The judgment was in favor of the plaintiff, City of Bismarck, and against T. Clem Casey, defendant, in so far as the necessity for the taking of the property is concerned, upon the payment by the City of Bismarck to the defendant of the sum of $1031.25, which the court found to be the reasonable market value of the tract of land taken. The court further found that the portion of the contiguous property owned by the defendant in this action, not sought to be condemned, will be benefited by the widening of Boulevard Avenue in an amount equal to any damage suffered by reason of the severance of that portion of the property sought to be condemned by the plaintiff in this action.
The defendant has demanded a trial de novo limited to the questions of the value *375 of the property taken and the damages accruing to the contiguous property owned by the defendant but not sought to be condemned in this action.

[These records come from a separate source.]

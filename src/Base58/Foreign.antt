-- ===== src/Base58/Foreign.antt =====
-- Characters that are not in the alphabet of native-crypto/base58.c.
use mathlib.Core.List.{map}
use chain_wallet.Common.{
  ℕ, ◌≡◌, refl, false, Bool-cases, Option, none, some, inl, inr, [], ◌∷◌, Bytes, length-map, leb,
  ◌==◌, if◌then◌else◌, ◌∙◌, sym,
}
use chain_wallet.Base58.{alphabet, position, index_of, indexes, decode}

-- By the character's place in the alphabet: '1' stands for one that has none and is no NUL.
unfoldable pub placed : Option ℕ → ℕ → ℕ
placed (some i) c = c
placed none c = if c == 0 then c else b'1'

-- What the decoder takes a character for; one of 128 or more is beyond its table.
unfoldable pub taken_for : ℕ → ℕ
taken_for c = if leb 128 c then c else placed (position c 0 alphabet) c

index_of_one : index_of b'1' ≡ some 0
unfolding index_of
index_of_one = refl

index_of_foreign :
    (c : ℕ)
    → leb 128 c ≡ false
    → position c 0 alphabet ≡ none
    → (c == 0) ≡ false
    → index_of c ≡ some 0
unfolding index_of
index_of_foreign c small foreign e = rw (small, foreign, e) refl

index_of-placed :
    (c : ℕ) (o : Option ℕ)
    → leb 128 c ≡ false
    → position c 0 alphabet ≡ o
    → index_of (placed o c) ≡ index_of c
unfolding placed
index_of-placed c (some i) small h = refl
index_of-placed c none small h = elim (Bool-cases (c == 0)) [
  | inl e ↦ rw e refl
  | inr e ↦ rw e (index_of_one ∙ sym (index_of_foreign c small h e))
]

index_of-taken_for : (c : ℕ) → index_of (taken_for c) ≡ index_of c
unfolding taken_for
index_of-taken_for c = elim (Bool-cases (leb 128 c)) [
  | inl big ↦ rw big refl
  | inr small ↦ rw small (index_of-placed c (position c 0 alphabet) small refl)
]

indexes-taken_for : (s : Bytes) → indexes (map taken_for s) ≡ indexes s
unfolding indexes
indexes-taken_for [] = refl
indexes-taken_for (c ∷ s) = rw (index_of-taken_for c, indexes-taken_for s) refl

-- `base58_decode` rejects no character below 128 other than NUL: a text with characters that are not in the alphabet is
-- decoded as the text that has '1' in their places.
pub decode-taken_for : (text : Bytes) → decode (map taken_for text) ≡ decode text
unfolding decode
decode-taken_for text = rw (indexes-taken_for text, length-map taken_for text) refl
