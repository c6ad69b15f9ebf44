-- ===== src/Base58/Kept.antt =====
-- The functions of base58.c on the C heap and the validity of the machine.
use chain_wallet.Common.{ℕ, Bytes, Option-cases, inl, inr}
use chain_wallet.Jni.Machine.{Ptr}
use chain_wallet.Jni.Keeps.{Keeps, Keeps-bind}
use chain_wallet.Jni.KeptMethod.{call_rules}
use chain_wallet.Primitives.{Primitives}
use chain_wallet.Base58.Heap

pub touch-Keeps : (p : Ptr) (n : ℕ) → Keeps (Heap.touch p n)
unfolding Heap.touch
touch-Keeps p n = search call_rules

pub encode_nonempty-Keeps : (p : Ptr) (n : ℕ) → Keeps (Heap.encode_nonempty p n)
unfolding Heap.encode_nonempty
encode_nonempty-Keeps p n = search (call_rules, touch-Keeps) depth 60 fits 4000

pub base58_encode-Keeps : (p : Ptr) (n : ℕ) → Keeps (Heap.base58_encode p n)
unfolding Heap.base58_encode
base58_encode-Keeps p n = search (call_rules, encode_nonempty-Keeps) depth 60 fits 4000

pub decode_nonempty-Keeps : (t : Bytes) → Keeps (Heap.decode_nonempty t)
unfolding Heap.decode_nonempty
decode_nonempty-Keeps t = search (call_rules, touch-Keeps) depth 60 fits 4000

pub base58_decode-Keeps : (t : Bytes) → Keeps (Heap.base58_decode t)
unfolding Heap.base58_decode
base58_decode-Keeps t = search (call_rules, decode_nonempty-Keeps) depth 60 fits 4000

pub base58_encode_check-Keeps :
    (c : Primitives) (p : Ptr) (n : ℕ) → Keeps (Heap.base58_encode_check c p n)
unfolding Heap.base58_encode_check
base58_encode_check-Keeps c p n = search (call_rules, base58_encode-Keeps) depth 60 fits 4000

pub check-Keeps : (c : Primitives) (p : Ptr) (n : ℕ) → Keeps (Heap.check c p n)
unfolding Heap.check
check-Keeps c p n = search call_rules depth 60 fits 4000

pub base58_decode_check-Keeps : (c : Primitives) (t : Bytes) → Keeps (Heap.base58_decode_check c t)
unfolding Heap.base58_decode_check
base58_decode_check-Keeps c t = Keeps-bind _ _ (base58_decode-Keeps t) λ x.
    elim (Option-cases (x.1)) [
      | inl e ↦ rw e (search call_rules)
      | inr (n, e) ↦ rw e (search (call_rules, check-Keeps) depth 60)
    ]
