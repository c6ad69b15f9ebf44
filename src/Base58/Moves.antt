-- ===== src/Base58/Moves.antt =====
-- The functions of base58.c on the C heap leave the open critical regions alone, and make no
-- JNI call.
use chain_wallet.Common.{ℕ, Bool, Bytes}
use chain_wallet.Jni.Machine.{Ptr}
use chain_wallet.Jni.Moves.{Moves, still, Moves-bind, Moves-option}
use chain_wallet.Jni.MovesCalls.{moves_rules}
use chain_wallet.Primitives.{Primitives}
use chain_wallet.Base58.Heap

module _ {calm : Bool} {i : ℕ} where
  touch-Moves : (p : Ptr) (n : ℕ) → Moves calm i (still i) (Heap.touch p n)
  unfolding Heap.touch
  touch-Moves p n = search moves_rules

  encode_nonempty-Moves : (p : Ptr) (n : ℕ) → Moves calm i (still i) (Heap.encode_nonempty p n)
  unfolding Heap.encode_nonempty
  encode_nonempty-Moves p n = search (touch-Moves, moves_rules) depth 60 fits 4000

  pub base58_encode-Moves : (p : Ptr) (n : ℕ) → Moves calm i (still i) (Heap.base58_encode p n)
  unfolding Heap.base58_encode
  base58_encode-Moves p n = search (encode_nonempty-Moves, moves_rules)

  decode_nonempty-Moves : (t : Bytes) → Moves calm i (still i) (Heap.decode_nonempty t)
  unfolding Heap.decode_nonempty
  decode_nonempty-Moves t = search (touch-Moves, moves_rules) depth 60 fits 4000

  pub base58_decode-Moves : (t : Bytes) → Moves calm i (still i) (Heap.base58_decode t)
  unfolding Heap.base58_decode
  base58_decode-Moves t = search (decode_nonempty-Moves, moves_rules)

  module _ (c : Primitives) where
    pub base58_encode_check-Moves :
        (p : Ptr) (n : ℕ) → Moves calm i (still i) (Heap.base58_encode_check c p n)
    unfolding Heap.base58_encode_check
    base58_encode_check-Moves p n = search (base58_encode-Moves, moves_rules) depth 60 fits 4000

    check-Moves : (p : Ptr) (n : ℕ) → Moves calm i (still i) (Heap.check c p n)
    unfolding Heap.check
    check-Moves p n = search moves_rules depth 60 fits 4000

    pub base58_decode_check-Moves :
        (t : Bytes) → Moves calm i (still i) (Heap.base58_decode_check c t)
    unfolding Heap.base58_decode_check
    base58_decode_check-Moves t =
        Moves-bind _ _ (base58_decode-Moves t)
          λ x. Moves-option (x.1) _ _ (search moves_rules) λ n. search (check-Moves, moves_rules)
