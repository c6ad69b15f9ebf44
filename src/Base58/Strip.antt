-- ===== src/Base58/Strip.antt =====
-- What the code of base58.c that skips zeros leaves: digits of which the first is not 0.
use mathlib.Core.List.{map}
use native.Mathlib.Decide.{dec_le}
use chain_wallet.Common.{
  ℕ, zero, suc, ◌+◌, ◌-◌, ◌*◌, ◌≤◌, ◌<◌, ◌≡◌, ◌≢◌, refl, sym, ap, ◌∙◌, some, [], ◌∷◌, ◌++◌, true,
  false, Bytes, All-append, length, length-append, length-zeros, zeros, arith, ◌==◌, ==→eq,
  passes_under, passes_under-apply, if◌then◌else◌, Bool-cases, inl, inr,
}
use chain_wallet.Base58.{letter, count_zeros, strip}
use chain_wallet.Base58.Value.{value, Below, value-zeros, value-injective}

-- the code distinguishes the first letter from the others
pub one_table :
    passes_under
      (λ d. if d == 0 then letter d == b'1' else if letter d == b'1' then false else true)
      58
    ≡ true
unfolding passes_under letter
one_table = refl

pub letter-eq-one : (d : ℕ) → d < 58 → (letter d == b'1') ≡ (d == 0)
letter-eq-one d h = ground (
  arith,
  passes_under-apply
      (λ d. if d == 0 then letter d == b'1' else if letter d == b'1' then false else true) 58 d h
      one_table,
)

pub strip-letters :
    (ds : Bytes) → Below 58 ds → strip b'1' (map letter ds) ≡ map letter (strip 0 ds)
unfolding strip
strip-letters [] h = refl
strip-letters (d ∷ ds) (hd, h) =
    rw (letter-eq-one d hd, strip-letters ds h)
      (elim (Bool-cases (d == 0)) [ inl z ↦ rw z | inr n ↦ rw n ])

pub count_zeros-zeros :
    (z b : ℕ) (p : Bytes) → b ≢ 0 → count_zeros (zeros z ++ b ∷ p) ≡ some (z, b ∷ p)
unfolding count_zeros
count_zeros-zeros zero b p h = ground arith
count_zeros-zeros (suc z) b p h =
    rw (count_zeros-zeros z b p h) (ap (λ n. some (n, b ∷ p)) (omega arith))

pub zeros-Below : (b n : ℕ) → 0 < b → Below b (zeros n)
zeros-Below b zero h = tt
zeros-Below b (suc n) h = (h, zeros-Below b n h)

pub le-value : (a : ℕ) (p : Bytes) → a ≤ value 256 a p
le-value a [] = omega arith
le-value a (b ∷ p) = omega (arith, le-value (a * 256 + b) p)

-- digits without zeros in front
pub record Stripped (ds : Bytes) (d : ℕ) (t : Bytes) : Type 0 where
  pub same : strip 0 ds ≡ d ∷ t
  pub nonzero : d ≢ 0
  pub number : value 58 0 (d ∷ t) ≡ value 58 0 ds
  pub digits : Below 58 (d ∷ t)
  pub shorter : length (d ∷ t) ≤ length ds

pub strip-Stripped :
    (ds : Bytes) → Below 58 ds → value 58 0 ds ≢ 0 → (d : ℕ) × (t : Bytes) × Stripped ds d t
unfolding strip
strip-Stripped [] h nz = absurd (nz refl)
strip-Stripped (d ∷ ds) (hd, h) nz = elim (Bool-cases (d == 0)) [
  | inl z ↦
      let e : value 58 0 (d ∷ ds) ≡ value 58 0 ds =
        ap (λ x. value 58 (0 * 58 + x) ds) (==→eq d 0 z) in
      let (d', t, s) = strip-Stripped ds h (λ v. nz (e ∙ v)) in
      let shorter : length (d' ∷ t) ≤ length ds = s.shorter in
      (
        d',
        t,
        record {
          same = rw z s.same;
          nonzero = s.nonzero;
          number = s.number ∙ sym e;
          digits = s.digits;
          shorter = omega arith;
        },
      )
  | inr n ↦ (
    d,
    ds,
    record {
      same = rw n;
      nonzero = λ z. ground arith;
      number = refl;
      digits = (hd, h);
      shorter = omega arith;
    },
  )
]

pub strip-zeros : (n b : ℕ) (p : Bytes) → b ≢ 0 → strip 0 (zeros n ++ b ∷ p) ≡ b ∷ p
unfolding strip
strip-zeros zero b p h = ground arith
strip-zeros (suc n) b p h = strip-zeros n b p h

-- Bytes that stand for the number of `b ∷ p` are these bytes behind zeros.
pub strip-canonical :
    (xs : Bytes) (b : ℕ) (p : Bytes)
    → b ≢ 0
    → Below 256 xs
    → Below 256 (b ∷ p)
    → value 256 0 xs ≡ value 256 0 (b ∷ p)
    → strip 0 xs ≡ b ∷ p
strip-canonical xs b p nz hx hb e = elim (dec_le (length (b ∷ p)) (length xs)) [
  | yes le ↦
      let n = length xs - length (b ∷ p) in
      let l : length xs ≡ length (zeros n ++ b ∷ p) =
        omega (arith, length-append (zeros n) (b ∷ p), length-zeros n) in
      let same : xs ≡ zeros n ++ b ∷ p =
        (value-injective 0 0 xs (zeros n ++ b ∷ p) l hx
          (All-append _ (zeros n) (b ∷ p) (zeros-Below 256 n (omega arith)) hb)
          (e ∙ sym (value-zeros 256 n (b ∷ p)))).1 in
      rw same (strip-zeros n b p nz)
  | no gt ↦
      let n = length (b ∷ p) - length xs - 1 in
      let l : length (zeros (suc n) ++ xs) ≡ length (b ∷ p) =
        omega (arith, length-append (zeros (suc n)) xs, length-zeros n) in
      let same : zeros (suc n) ++ xs ≡ b ∷ p =
        (value-injective 0 0 (zeros (suc n) ++ xs) (b ∷ p) l
          (All-append _ (zeros (suc n)) xs (zeros-Below 256 (suc n) (omega arith)) hx) hb
          (value-zeros 256 (suc n) xs ∙ e)).1 in
      let first : 0 ≡ b = cc in absurd (nz (sym first))
]
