-- ===== src/Base58/Reading.antt =====
-- What `base58_decode` of native-crypto/base58.c makes of any text.
use chain_wallet.Common.{
  ℕ, zero, suc, ◌+◌, ◌-◌, ◌*◌, ◌≤◌, ◌<◌, ◌≡◌, ◌≢◌, refl, sym, ap, ◌∙◌, Option, none, some, [], ◌∷◌,
  ◌++◌, Bytes, All, length, zeros, ltb, true, false, arith, ◌==◌, ==→eq, ◌||◌, Bool, passes_under,
  passes_under-apply, Bool-cases, inl, inr, ◌⊎◌, length-append, length-zeros,
}
use mathlib.Core.Path.{subst}
use chain_wallet.Base58.{index_of, indexes, count_zeros, decode_loop, strip, take_zeros, decode}
use chain_wallet.Base58.Value.{value, Below}
use chain_wallet.Base58.Decode.{decode_loop-total}
use chain_wallet.Base58.Strip.{count_zeros-zeros}

-- What a text of these digits is read as: bytes with no zero in front that are the number, behind as many
-- zeros as the digits have, or a fault.
pub data Reading (ds : Bytes) : Option Bytes → Type 0 where
  only_zeros : ds ≡ zeros (length ds) → Reading ds none
  number :
      (z d b : ℕ) (t p : Bytes)
      → ds ≡ zeros z ++ d ∷ t
      → d ≢ 0
      → b ≢ 0
      → Below 256 (b ∷ p)
      → value 256 0 (b ∷ p) ≡ value 58 0 (d ∷ t)
      → z ≤ length (d ∷ t) - length (b ∷ p)
      → Reading ds (some (zeros z ++ b ∷ p))
  no_room :
      (z d b : ℕ) (t p : Bytes)
      → ds ≡ zeros z ++ d ∷ t
      → d ≢ 0
      → b ≢ 0
      → Below 256 (b ∷ p)
      → value 256 0 (b ∷ p) ≡ value 58 0 (d ∷ t)
      → length (d ∷ t) - length (b ∷ p) < z
      → Reading ds none

-- The table has a digit for each character but NUL.
abbrev is_digit : Option ℕ → Bool
is_digit none = false
is_digit (some i) = ltb i 58

digit_table : passes_under (λ c. c == 0 || is_digit (index_of c)) 128 ≡ true
unfolding passes_under index_of
digit_table = refl

digit_of : (o : Option ℕ) → is_digit o ≡ true → (i : ℕ) × (o ≡ some i) × (i < 58)
digit_of none h = cc
digit_of (some i) h = (i, refl, ground arith)

index_of-total : (c : ℕ) → (c ≢ 0) × (c < 128) → (i : ℕ) × (index_of c ≡ some i) × (i < 58)
index_of-total c (nz, small) =
    let passed =
      passes_under-apply (λ x. x == 0 || is_digit (index_of x)) 128 c small digit_table in
    let test : (c == 0) ≡ false = ground arith in digit_of (index_of c) (rw test at passed)

-- The characters of a C string that the table covers.
abbrev pub IsAscii : Bytes → Type 0
IsAscii = All (λ c. (c ≢ 0) × (c < 128))

indexes-total :
    (text : Bytes)
    → IsAscii text
    → (ds : Bytes) × (indexes text ≡ some ds) × Below 58 ds × (length ds ≡ length text)
unfolding indexes
indexes-total [] h = ([], refl, tt, refl)
indexes-total (c ∷ s) (hc, h) =
    let (i, found, small) = index_of-total c hc in
    let (ds, others, below, same) = indexes-total s h in
    (i ∷ ds, rw (found, others) refl, (small, below), ap suc same)

count_zeros-none : (n : ℕ) → count_zeros (zeros n) ≡ none
unfolding count_zeros
count_zeros-none zero = refl
count_zeros-none (suc n) = rw (count_zeros-none n) refl

-- Digits are zeros, or zeros before one that is none.
front :
    (ds : Bytes)
    → (ds ≡ zeros (length ds))
      ⊎ ((z : ℕ) × (d : ℕ) × (t : Bytes) × (ds ≡ zeros z ++ d ∷ t) × (d ≢ 0))
front [] = inl refl
front (d ∷ ds) = elim (Bool-cases (d == 0)) [
  | inr n ↦ inr (0, d, ds, refl, λ z. ground arith)
  | inl y ↦
      let first : d ≡ 0 = ==→eq d 0 y in
      elim (front ds) [
        | inl same ↦ inl (rw first (ap (λ v. 0 ∷ v) same))
        | inr (z, e, t, same, nz) ↦ inr (suc z, e, t, rw first (ap (λ v. 0 ∷ v) same), nz)
      ]
]

Below-behind : (z : ℕ) (xs : Bytes) → Below 58 (zeros z ++ xs) → Below 58 xs
Below-behind zero xs h = h
Below-behind (suc z) xs (hz, h) = Below-behind z xs h

positive : (a : ℕ) (p : Bytes) → a ≢ 0 → value 58 a p ≢ 0
positive a [] nz = nz
positive a (d ∷ p) nz = positive (a * 58 + d) p (λ z. nz (omega arith))

-- Bytes without the zeros in front.
strip_bytes :
    (xs : Bytes)
    → Below 256 xs
    → value 256 0 xs ≢ 0
    → (b : ℕ) × (p : Bytes) × (strip 0 xs ≡ b ∷ p)
      × (b ≢ 0)
      × Below 256 (b ∷ p)
      × (value 256 0 (b ∷ p) ≡ value 256 0 xs)
unfolding strip
strip_bytes [] h nz = absurd (nz refl)
strip_bytes (x ∷ xs) (hx, h) nz = elim (Bool-cases (x == 0)) [
  | inr n ↦ (x, xs, rw n refl, (λ z. ground arith), (hx, h), refl)
  | inl y ↦
      let e : value 256 0 (x ∷ xs) ≡ value 256 0 xs =
        ap (λ a. value 256 (0 * 256 + a) xs) (==→eq x 0 y) in
      let (b, p, same, first, below, v) = strip_bytes xs h (λ w. nz (e ∙ w)) in
      (b, p, rw y same, first, below, v ∙ sym e)
]

decode_parts :
    (text ds q out bytes : Bytes) (z k : ℕ)
    → indexes text ≡ some ds
    → count_zeros ds ≡ some (z, q)
    → decode_loop (length text) q [] ≡ some out
    → strip 0 out ≡ bytes
    → length out - length bytes ≡ k
    → decode text ≡ take_zeros z k bytes
unfolding decode
decode_parts text ds q out bytes z k found counted run stripped skipped =
    rw (found, counted, run, stripped, skipped) refl

-- The digits behind the zeros are converted, and the zeros put in front if there is room.
converted :
    (text ds : Bytes) (z d : ℕ) (t : Bytes)
    → indexes text ≡ some ds
    → length ds ≡ length text
    → Below 58 ds
    → ds ≡ zeros z ++ d ∷ t
    → d ≢ 0
    → Reading ds (decode text)
unfolding take_zeros
converted text ds z d t found sized below same nz =
    let digits : Below 58 (d ∷ t) = Below-behind z (d ∷ t) (subst (Below 58) same below) in
    let fits : length (d ∷ t) ≤ length text =
      omega (arith, ap length same, length-append (zeros z) (d ∷ t), length-zeros z) in
    let (out, run, dec) = decode_loop-total (length text) (d ∷ t) [] digits tt fits in
    let long : length out ≡ 0 + length (d ∷ t) = dec.grown in
    let not_zero : value 256 0 out ≢ 0 =
      λ v. positive (0 * 58 + d) t (λ e. nz (omega arith)) (sym dec.same ∙ v) in
    let (b, p, stripped, first, bytes, v) = strip_bytes out dec.bytes not_zero in
    let number_of = v ∙ dec.same in
    let skipped : length out - length (b ∷ p) ≡ length (d ∷ t) - length (b ∷ p) = omega arith in
    let made : decode text ≡ take_zeros z (length (d ∷ t) - length (b ∷ p)) (b ∷ p) =
      decode_parts text ds (d ∷ t) out (b ∷ p) z _ found
        (ap count_zeros same ∙ count_zeros-zeros z d t nz) run stripped skipped in
    subst (Reading ds) (sym made) (elim (Bool-cases (ltb (length (d ∷ t) - length (b ∷ p)) z)) [
      | inl e ↦ rw e (no_room z d b t p same nz first bytes number_of (ground arith))
      | inr e ↦ rw e (number z d b t p same nz first bytes number_of (ground arith))
    ])

all_zeros :
    (text ds : Bytes) → indexes text ≡ some ds → ds ≡ zeros (length ds) → Reading ds (decode text)
unfolding decode
all_zeros text ds found same =
    let none_left : count_zeros ds ≡ none = ap count_zeros same ∙ count_zeros-none (length ds) in
    rw (found, none_left) (only_zeros same)

-- Behind its test for an empty text `base58_decode` makes of ASCII characters without a NUL the number that
-- their digits spell in base 58: the bytes of that number with no zero in front, and before them a zero
-- for each digit 0 in front. Two kinds of text are a fault: one whose digits are all 0, where a digit past
-- the end is read, and one with more digits 0 in front than the digits behind them outnumber the bytes,
-- where memory is read that was never written.
pub decode-Reading :
    (text : Bytes)
    → IsAscii text
    → (ds : Bytes) × (indexes text ≡ some ds) × Reading ds (decode text)
decode-Reading text ascii =
    let (ds, found, below, sized) = indexes-total text ascii in
    (
      ds,
      found,
      elim (front ds) [
        | inl same ↦ all_zeros text ds found same
        | inr (z, d, t, same, nz) ↦ converted text ds z d t found sized below same nz
      ],
    )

In view of the fact that the defendant has demanded a trial de novo, limited to the questions of the value of the property and the damages accruing to the contiguous property owned by the defendant, this court must examine the record bearing on those questions and find the facts for itself. However, the findings of the trial court are entitled to appreciable weight when the case is before this court on a trial de novo, especially when the trial court has viewed the premises involved, and the witnesses have appeared before him personally and he had the advantage of observing their demeanor and manner of testifying. See Coykendall v. Briggs, 60 N.D. 267, 234 N.W. 74, and other cases therein cited.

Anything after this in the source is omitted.